Bei größeren Unternehmen ist der Ansturm auf ausgeschriebene Stellen häufig zu groß, um Bewerbungen per E-Mail effizient zu bearbeiten. Deshalb richten diese Unternehmen eigene Bewerbungsportale ein, über die sich Bewerber*innen direkt bewerben können.

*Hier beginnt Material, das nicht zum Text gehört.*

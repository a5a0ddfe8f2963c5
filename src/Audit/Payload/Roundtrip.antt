-- ===== src/Audit/Payload/Roundtrip.antt =====
-- An event is read back from its canonical JSON as it was.
use headofcontext.Prelude.{◌≡◌, refl, String, Option, none, some, lookup}
use headofcontext.Core.Errors.{ok}
use headofcontext.Core.Events.{EventKind, AuditEvent, decision}
use headofcontext.Audit.Payload.{
  Json, ReadsBack, event_kind_text, event_kinds, kind_among, as_optional, of_optional, asdict,
  canonical_json, event_of_fields, event_from_payload,
}

kind_among-text : (k : EventKind) → kind_among event_kinds (event_kind_text k) ≡ ok k
unfolding event_kind_text
kind_among-text decision = refl
kind_among-text _ = refl

as_optional-of_optional : (o : Option String) → as_optional (some (of_optional o)) ≡ ok o
as_optional-of_optional none = refl
as_optional-of_optional (some s) = refl

module _ (json : Json) (e : AuditEvent) (faithful : ReadsBack json e) where
  event_of_fields-asdict : event_of_fields json (asdict json e) ≡ ok e
  unfolding event_of_fields asdict lookup
  event_of_fields-asdict = simp (
    kind_among-text, faithful.fromisoformat_isoformat, faithful.int_number, faithful.float_real,
    as_optional-of_optional,
  )

  -- If the JSON library reads back the event's object as it wrote it, and the conversions its time
  -- and its numbers, the event that is read from the event's canonical JSON is that event.
  pub event_from_payload-canonical_json : event_from_payload json (canonical_json json e) ≡ ok e
  unfolding event_from_payload canonical_json
  event_from_payload-canonical_json = rw faithful.loads_dumps event_of_fields-asdict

Dort kannst du dich oftmals für oder gegen das Anlegen eines unternehmensspezifischen Bewerberprofils entscheiden. Bewerberprofile ermöglichen es Bewerber*innen mehrere Bewerbungen beim gleichen Arbeitgeber einzureichen und ermöglichen es im Bewerbungsprozess außerdem, den aktuellen Stand deiner Bewerbung detailliert einzusehen.


Ob mit oder ohne Bewerberprofil, du füllst bei dieser Bewerbungsart Bewerbungsformulare aus. Dabei werden zunächst persönliche, berufsbezogene Daten abgefragt. Außerdem kannst du alle wichtigen Dokumente (Anschreiben, Lebenslauf, Zertifikate & Zeugnisse) hochladen.

Das wichtigste Dokumente ist hierbei der Lebenslauf. Dieser wird gescannt und dessen Inhalte automatisiert in das Bewerbermanagementsystem (ATS) übertragen. Personalverantwortliche können sich dort alle Bewerbungen an einem Ort anschauen und besser untereinander vergleichen. Das Auslesen ermöglicht Software, die wir als CV-Parser bezeichnen. Diese unterstützen somit auch bei der Auswertung deines Lebenslaufs. In vielen Fällen ist nämlich eine Art Matching im Einsatz, bei dem jede Bewerber*in einen bestimmten Score bekommt. Daher ist es sehr wichtig, dass alle Daten korrekt aus deinem Lebenslauf ausgelesen werden können.


Checkliste für die Bewerbung per Online-Formular:

  • Wenn möglich: Bewerberprofil anlegen

  • Lebenslauf für CV-Parsing optimieren

  • Unbedingt Fehler (Rechtschreibung etc.) vermeiden

  • Alle Angaben genau überprüfen

Weitere Formen der Online-Bewerbung: LinkedIn etc.

Heutzutage suchen Recruiter und Headhunter auf diversen Social-Media-Plattformen nach geeigneten Kandidat*innen. Wir sprechen bei dieser Praxis von „Social-Media-Recruiting“.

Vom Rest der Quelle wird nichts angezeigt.